The simulator was built for the classroom: you can open a student's whole session from a single code and design the scenarios around your lesson.

How does classroom mode work?

  1. 1
    The student finishes the testThe case, the mode and every measurement stay in their browser.
  2. 2
    A classroom code is generatedA short text code that encodes the entire session.
  3. 3
    You decode itPaste the code into the decoder in the simulator and the session opens in front of you.

What is inside the code: which case, which mode, which thresholds, how many errors, the masking decisions and the response reliability.

No data is sent to any server. The code is generated in the student's own browser; sharing it is entirely up to them.

Ideas for the classroom

  • Warm-up

    The Normal Hearing case with Guided mode. The aim is to learn the method, not to make a diagnosis.

  • Teaching the rules

    Have them run the Left Severe SNHL case without masking first; discuss the shadow curve together, then have them repeat it with masking.

  • The Masking Dilemma

    Give them the Bilateral Conductive case with supra-aural phones. When they get stuck, ask them to switch to inserts.

  • Assessment

    Exam mode plus the classroom code. Give them the blind case and ask for the report and the interpretation together.

  • Homework

    Have them complete the "Diagnosis and recommendations" section of the downloaded A4 report.

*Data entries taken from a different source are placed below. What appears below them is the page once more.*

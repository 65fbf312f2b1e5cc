-- ===== src/Eventloop.antt =====
-- eventloop/: the channels and their registration with epoll.
pub mod Channel
pub mod Poll
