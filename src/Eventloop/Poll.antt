-- ===== src/Eventloop/Poll.antt =====
-- eventloop/EPoller.cpp, `Poll`, and eventloop/EventLoop.cpp: from what epoll_wait gives to the events
-- that the loop handles.
use raft_server.Prelude.{
  Bool, List, Result, [], false, fault, if◌then◌else◌, ok, refl, true, ℕ, ◌%◌, ◌++◌, ◌/◌, ◌==◌,
  ◌>>=◌, ◌||◌, ◌∷◌, ◌≡◌,
}
use raft_server.State.{RaftServer}
use raft_server.Env.{Env}
use raft_server.Net.Events.{
  Answers, Event, Revents, conn_event, handle_events, loop, server_event, timer_event,
}

-- a channel, as the pointer in an epoll_event
pub data Source : Type 0 where
  server_source : Source
  conn_source : ℕ → ℕ → Source
  timer_source : ℕ → Source

-- an epoll_event: its channel and its mask, with what the kernel answers while it is handled
pub record EpollEvent : Type 0 where
  pub source : Source
  pub mask : ℕ
  pub answers : Answers

-- what epoll_wait returns: some events, none before the time is over, or -1
pub data Waited : Type 0 where
  happened : List EpollEvent → Waited
  timed_out wait_failed : Waited

-- `mask & flag` for a flag of one bit
abbrev pub has_flag : ℕ → ℕ → Bool
has_flag flag mask = mask / flag % 2 == 1

-- EPOLLIN, EPOLLPRI, EPOLLOUT, EPOLLERR and EPOLLHUP are 1, 2, 4, 8 and 16.
abbrev pub revents_of : ℕ → Revents
revents_of mask = record {
  hup = has_flag 16 mask;
  err = has_flag 8 mask;
  readable = has_flag 1 mask || has_flag 2 mask;
  writable = has_flag 4 mask;
}

abbrev pub event_of : Source → Revents → Answers → Event
event_of server_source r a = server_event r a
event_of (conn_source id fd) r a = conn_event id fd r a
event_of (timer_source i) r a = timer_event i r

-- EPoller::FillActiveChannels, behind the channels that are active already
unfoldable pub fill_active_channels : List EpollEvent → List Event → List Event
fill_active_channels [] active = active
fill_active_channels (e ∷ es) active =
    fill_active_channels es (active ++ (event_of e.source (revents_of e.mask) e.answers ∷ []))

-- EPoller::Poll
unfoldable pub poll : Waited → List Event → List Event
unfolding fill_active_channels
poll (happened es) active = fill_active_channels es active
poll timed_out active = active
poll wait_failed active = active

-- EventLoop::Loop over what each epoll_wait returns, with whether `StopLoop` was called before the
-- next test of the flag. A loop that is not stopped goes on after the last one.
unfoldable pub event_loop : Env → List (Waited × Bool) → RaftServer → Result RaftServer
unfolding poll
event_loop env [] s = ok s
event_loop env ((w, stop) ∷ ws) s = do
  s' ← handle_events env (poll w []) s
  if stop then ok s' else event_loop env ws s'

-- the polls that are made until the loop is stopped
abbrev pub until_stop : List (Waited × Bool) → List (List Event)
until_stop [] = []
until_stop ((w, stop) ∷ ws) = poll w [] ∷ (if stop then [] else until_stop ws)

bind_same :
    (r : Result RaftServer) (f g : RaftServer → Result RaftServer)
    → ((s : RaftServer) → f s ≡ g s)
    → (r >>= f) ≡ (r >>= g)
bind_same (ok s) f g same = same s
bind_same (fault e) f g same = refl

-- The loop handles the events of the polls that are made until it is stopped.
pub event_loop-loop :
    (env : Env) (ws : List (Waited × Bool)) (s : RaftServer)
    → event_loop env ws s ≡ loop env (until_stop ws) s
unfolding event_loop loop
event_loop-loop env [] s = refl
event_loop-loop env ((w, true) ∷ ws) s = refl
event_loop-loop env ((w, false) ∷ ws) s =
    bind_same (handle_events env (poll w []) s) (event_loop env ws) (loop env (until_stop ws))
      (event_loop-loop env ws)
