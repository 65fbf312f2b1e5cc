-- ===== src/Exception.antt =====
-- log/Exception.cpp: a message, and the call stack at its place as text.
use raft_server.Prelude.{Bytes, List, Option, [], none, some, ◌++◌, ◌∷◌}
use raft_server.Nanoraft.Log.{c_string}

pub record Exception : Type 0 where
  pub message : Bytes
  pub stack : Bytes

abbrev pub append_symbols : List Bytes → Bytes → Bytes
append_symbols [] stack = stack
append_symbols (symbol ∷ symbols) stack = append_symbols symbols (stack ++ (symbol ++ (10 ∷ [])))

-- Exception::FillStackTrace, over what backtrace_symbols gives; none for a null pointer
unfoldable pub fill_stack_trace : Option (List Bytes) → Exception → Exception
fill_stack_trace none e = e
fill_stack_trace (some symbols) e = record e { stack = append_symbols symbols e.stack }

-- Exception::Exception
unfoldable pub new_exception : Bytes → Option (List Bytes) → Exception
unfolding fill_stack_trace
new_exception message symbols = fill_stack_trace symbols (record { message = message; stack = [] })

-- Exception::StackTrace, read as a C string
unfoldable pub stack_trace : Exception → Bytes
stack_trace e = c_string e.stack
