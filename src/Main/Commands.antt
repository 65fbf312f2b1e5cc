-- ===== src/Main/Commands.antt =====
-- main.cpp: the arguments of the program, and what it prints when it has crashed.
use raft_server.Prelude.{
  Bool, Bytes, List, Option, Result, [], bad_index, false, fault, if◌then◌else◌, min, none,
  null_pointer, ok, some, suc, true, u32, zero, ℕ, ◌&&◌, ◌++◌, ◌-◌, ◌==◌, ◌>>=◌, ◌^◌, ◌||◌, ◌∷◌,
}
use raft_server.State.{RaftServer}
use raft_server.Net.Connect.{Connect, connect_to_peer}
use raft_server.Nanoraft.Comparator.{read_digits, skip_space}
use raft_server.Main.{join, restart, start}
use raft_server.Env.{Env}
use raft_server.Exception.{new_exception, stack_trace}
use raft_server.Nanoraft.Peers.{load_entries}

-- strtol of digits stops at the largest `long`, or at the smallest one behind a sign.
abbrev pub long_digits : ℕ → Bytes → ℕ
long_digits largest s = min (read_digits 0 s) largest

-- the 32 bits of the `int` that atoi gives
unfoldable pub atoi : Bytes → ℕ
unfolding read_digits skip_space
atoi s = behind_space (skip_space s)
  where
    behind_space : Bytes → ℕ
    behind_space [] = 0
    behind_space (c ∷ cs) =
        if c == 45
        then u32 (2 ^ 64 - long_digits (2 ^ 63) cs)
        else if c == 43
        then u32 (long_digits (2 ^ 63 - 1) cs)
        else u32 (long_digits (2 ^ 63 - 1) (c ∷ cs))

-- -1
abbrev pub unset : ℕ
unset = 2 ^ 32 - 1

-- `argv[i]`: behind the last argument there is a null pointer, and nothing behind that one
unfoldable pub argument : List Bytes → ℕ → Result Bytes
argument [] zero = fault null_pointer
argument [] (suc i) = fault bad_index
argument (a ∷ rest) zero = ok a
argument (a ∷ rest) (suc i) = argument rest i

-- "start", "join", "restart"
abbrev pub start_word : Bytes
start_word = 115 ∷ 116 ∷ 97 ∷ 114 ∷ 116 ∷ []

abbrev pub join_word : Bytes
join_word = 106 ∷ 111 ∷ 105 ∷ 110 ∷ []

abbrev pub restart_word : Bytes
restart_word = 114 ∷ 101 ∷ 115 ∷ 116 ∷ 97 ∷ 114 ∷ 116 ∷ []

abbrev pub same_bytes : Bytes → Bytes → Bool
same_bytes [] [] = true
same_bytes (a ∷ rest) (b ∷ bs) = a == b && same_bytes rest bs
same_bytes _ _ = false

-- what a process is to do: start(node, port), join(node, address, port to join, port), restart
pub data Command : Type 0 where
  start_command : ℕ → ℕ → Command
  join_command : ℕ → Bytes → ℕ → ℕ → Command
  restart_command : Command

abbrev start_arguments : List Bytes → ℕ → Result (Option Command)
start_arguments argv node = do
  port ← argument argv 3
  ok (if atoi port == unset then none else some (start_command node (atoi port)))

abbrev join_arguments : List Bytes → ℕ → Result (Option Command)
join_arguments argv node = do
  join_port ← argument argv 4
  address ← argument argv 3
  port ← argument argv 5
  ok (
      if atoi join_port == unset || atoi port == unset
      then none
      else some (join_command node address (atoi join_port) (atoi port)))

-- The tests of `main`; none where it ends at once.
unfoldable pub parse_arguments : List Bytes → Result (Option Command)
unfolding argument atoi
parse_arguments argv = do
  word ← argument argv 1
  if same_bytes word start_word || same_bytes word join_word
      then (do
        node ← argument argv 2
        if same_bytes word start_word
            then start_arguments argv (atoi node)
            else join_arguments argv (atoi node))
      else ok (if same_bytes word restart_word then some restart_command else none)

-- "192.168.1.46"
abbrev pub own_host : Bytes
own_host = 49 ∷ 57 ∷ 50 ∷ 46 ∷ 49 ∷ 54 ∷ 56 ∷ 46 ∷ 49 ∷ 46 ∷ 52 ∷ 54 ∷ []

-- what the kernel gives to a process that begins: the fd of the connection to another node and the
-- answer of its connect, and the fd of its timer
pub record Given : Type 0 where
  pub conn_fd : ℕ
  pub connect : Connect
  pub timer_fd : Option ℕ

-- The rest of `main`, up to the event loop, on the server that its constructor has made.
unfoldable pub run_command : Env → Given → Command → RaftServer → Result RaftServer
unfolding start connect_to_peer load_entries
run_command env g (start_command node port) s = start env own_host port node g.timer_fd s
run_command env g (join_command node address join_port port) s =
    ok (join g.connect g.conn_fd g.timer_fd address join_port node port s)
run_command env g restart_command s = restart env s

-- ErrorHandle: what it prints before the process ends
unfoldable pub error_handle : Option (List Bytes) → Bytes
unfolding new_exception stack_trace
error_handle symbols =
    stack_trace (new_exception (101 ∷ 114 ∷ 114 ∷ 111 ∷ 114 ∷ 58 ∷ []) symbols) ++ (10 ∷ [])
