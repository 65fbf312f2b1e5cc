-- ===== src/Mod.antt =====
-- mod/: the messages that arrive, and what is done with them.
pub mod Api
pub mod Arrived
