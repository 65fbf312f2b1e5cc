-- ===== src/Mod/Api/Term.antt =====
-- mod/ModApi.hpp, `AppendEntriesQ`: the term of the message against the server's.
use raft_server.Prelude.{Bool, arith, ltb, max, not, ok, ◌<◌, ◌≡◌}
use raft_server.Protocol.{AppendEntriesQ}
use raft_server.Mod.Api.{check_term, judge, refused}
use raft_server.Env.{Env}
use raft_server.State.{RaftServer}

-- What step 1 of the handler leaves alone, and what it does to the term.
pub record TermChecked (q : AppendEntriesQ) (s : RaftServer) (go : Bool) (s' : RaftServer)
    : Type 0 where
  pub term : s'.current_term ≡ max s.current_term q.term
  pub go_on : go ≡ not (ltb q.term s.current_term)
  pub frame :
      s' ≡ record s { current_term = s'.current_term; state_db = s'.state_db; role = s'.role }

pub check_term-TermChecked :
    (env : Env) (q : AppendEntriesQ) (s : RaftServer) {go : Bool} {s' : RaftServer}
    → check_term env q s ≡ ok (go, s')
    → TermChecked q s go s'
unfolding check_term
check_term-TermChecked env q s h = ground arith

-- A message of an older term is refused, and the handler's steps leave the server as it was.
pub judge_stale :
    (env : Env) (q : AppendEntriesQ) (s : RaftServer)
    → q.term < s.current_term
    → judge env q s ≡ ok (refused, s)
unfolding judge
judge_stale env q s h = ground arith
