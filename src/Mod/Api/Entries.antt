-- ===== src/Mod/Api/Entries.antt =====
-- mod/ModApi.hpp, `AppendEntriesQ`: what steps 3 and 4 do to the log.
use raft_server.Prelude.{
  Bytes, Extends, Extends-append, Extends-refl, Extends-trans, List, [], append-nil, append_assoc,
  arith, if◌then◌else◌, length, ok, refl, sym, to_string, true, u32, ℕ, ◌++◌, ◌+◌, ◌<◌, ◌^◌, ◌||◌,
  ◌∷◌, ◌≡◌,
}
use raft_server.Protocol.{Entry, is_cfgadd, is_cfgrem}
use raft_server.Nanoraft.Log.{append_cfg_log, log_term_by_index, cfg_entry, stored}
use raft_server.Mod.Api.{resolve_conflicts, append_one, append_entries}
use raft_server.Env.{Env, Db, Write, put}
use raft_server.State.{RaftServer}

-- The entries of a message that are configuration changes, as the follower stores them: of its own
-- term, and all of them additions.
unfoldable pub cfg_part : ℕ → Entry → List Entry
cfg_part term e =
    if is_cfgadd e.type || is_cfgrem e.type then cfg_entry term e.host e.port e.nodeid ∷ [] else []

unfoldable pub cfg_entries : ℕ → List Entry → List Entry
unfolding cfg_part
cfg_entries term [] = []
cfg_entries term (e ∷ es) = cfg_part term e ++ cfg_entries term es

abbrev pub Stores : Env → Type 0
Stores env = (db : Db) (w : Write) → env.write_ok db w ≡ true

append_one-frame :
    (env : Env) (e : Entry) (s : RaftServer)
    → append_one env e s ≡ record s {
      entries = (append_one env e s).entries;
      entries_db = (append_one env e s).entries_db;
    }
unfolding append_one append_cfg_log
append_one-frame env e s = ground arith

-- Step 4 changes nothing but the entries, in memory and in leveldb.
pub append_entries-frame :
    (env : Env) (es : List Entry) (s : RaftServer)
    → append_entries env es s ≡ record s {
      entries = (append_entries env es s).entries;
      entries_db = (append_entries env es s).entries_db;
    }
unfolding append_entries
append_entries-frame env [] s = refl
append_entries-frame env (e ∷ es) s =
    cc (append_entries-frame env es (append_one env e s), append_one-frame env e s)

entries-append_one :
    (env : Env) (e : Entry) (s : RaftServer)
    → Stores env
    → (append_one env e s).entries ≡ s.entries ++ cfg_part s.current_term e
unfolding append_one cfg_part append_cfg_log
entries-append_one env e s stores =
    let e' = cfg_entry s.current_term e.host e.port e.nodeid in
    ground (
      arith,
      stores s.entries_db (put (to_string (u32 (length s.entries))) (stored env e')),
      append-nil s.entries,
    )

-- Where every write is stored, step 4 appends the configuration changes, in order, and nothing else.
pub entries-append_entries :
    (env : Env) (es : List Entry) (s : RaftServer)
    → Stores env
    → (append_entries env es s).entries ≡ s.entries ++ cfg_entries s.current_term es
unfolding append_entries cfg_entries
entries-append_entries env [] s stores = sym (append-nil s.entries)
entries-append_entries env (e ∷ es) s stores = cc (
  entries-append_entries env es (append_one env e s) stores,
  entries-append_one env e s stores,
  append_one-frame env e s,
  append_assoc s.entries (cfg_part s.current_term e) (cfg_entries s.current_term es),
)

append_one-Extends :
    (env : Env) (e : Entry) (s : RaftServer) → Extends s.entries (append_one env e s).entries
unfolding append_one append_cfg_log
append_one-Extends env e s =
    let e' = cfg_entry s.current_term e.host e.port e.nodeid in
    ground (arith, Extends-refl s.entries, Extends-append s.entries (e' ∷ []))

-- Whatever is stored, step 4 keeps the entries that are there, and the new ones follow them.
pub append_entries-Extends :
    (env : Env) (es : List Entry) (s : RaftServer)
    → Extends s.entries (append_entries env es s).entries
unfolding append_entries
append_entries-Extends env [] s = Extends-refl s.entries
append_entries-Extends env (e ∷ es) s =
    Extends-trans s.entries (append_one env e s).entries (append_entries env (e ∷ es) s).entries
      (append_one-Extends env e s) (append_entries-Extends env es (append_one env e s))

-- While the deque `m_stLogs_` is empty, step 3 finds no conflict.
pub resolve_conflicts_no_logs :
    (env : Env) (prev i : ℕ) (es : List Entry) (s : RaftServer)
    → s.logs ≡ []
    → prev + 1 + i + 1 < 2 ^ 32
    → resolve_conflicts env prev i es s ≡ ok (es, s)
unfolding resolve_conflicts log_term_by_index
resolve_conflicts_no_logs env prev i [] s h b = refl
resolve_conflicts_no_logs env prev i (e ∷ es) s h b = ground arith

-- Where the write is stored, `AppendCfgLog` appends its entry and changes nothing else in memory.
pub append_cfg_log_lem :
    (env : Env) (host : Bytes) (port node : ℕ) (s : RaftServer)
    → Stores env
    → append_cfg_log env host port node s ≡ record s {
      entries = s.entries ++ (cfg_entry s.current_term host port node ∷ []);
      entries_db = (append_cfg_log env host port node s).entries_db;
    }
unfolding append_cfg_log
append_cfg_log_lem env host port node s stores =
    let e = cfg_entry s.current_term host port node in
    ground (arith, stores s.entries_db (put (to_string (u32 (length s.entries))) (stored env e)))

Frequently asked questions

You start with the better ear and at 1000 Hz. From an audible level you proceed in down 10 dB, up 5 dB steps (the modified Hughson-Westlake procedure). If a response is obtained on at least half of the presentations at the same level (typically two out of three), that level is the threshold.

The usual order is 1000 → 2000 → 4000 → 8000 → (1000 again) → 500 → 250 Hz. Repeating 1000 Hz is a reliability check: if it differs from the first measurement by more than 5 dB, the test is repeated. Once air conduction is done, bone conduction is measured.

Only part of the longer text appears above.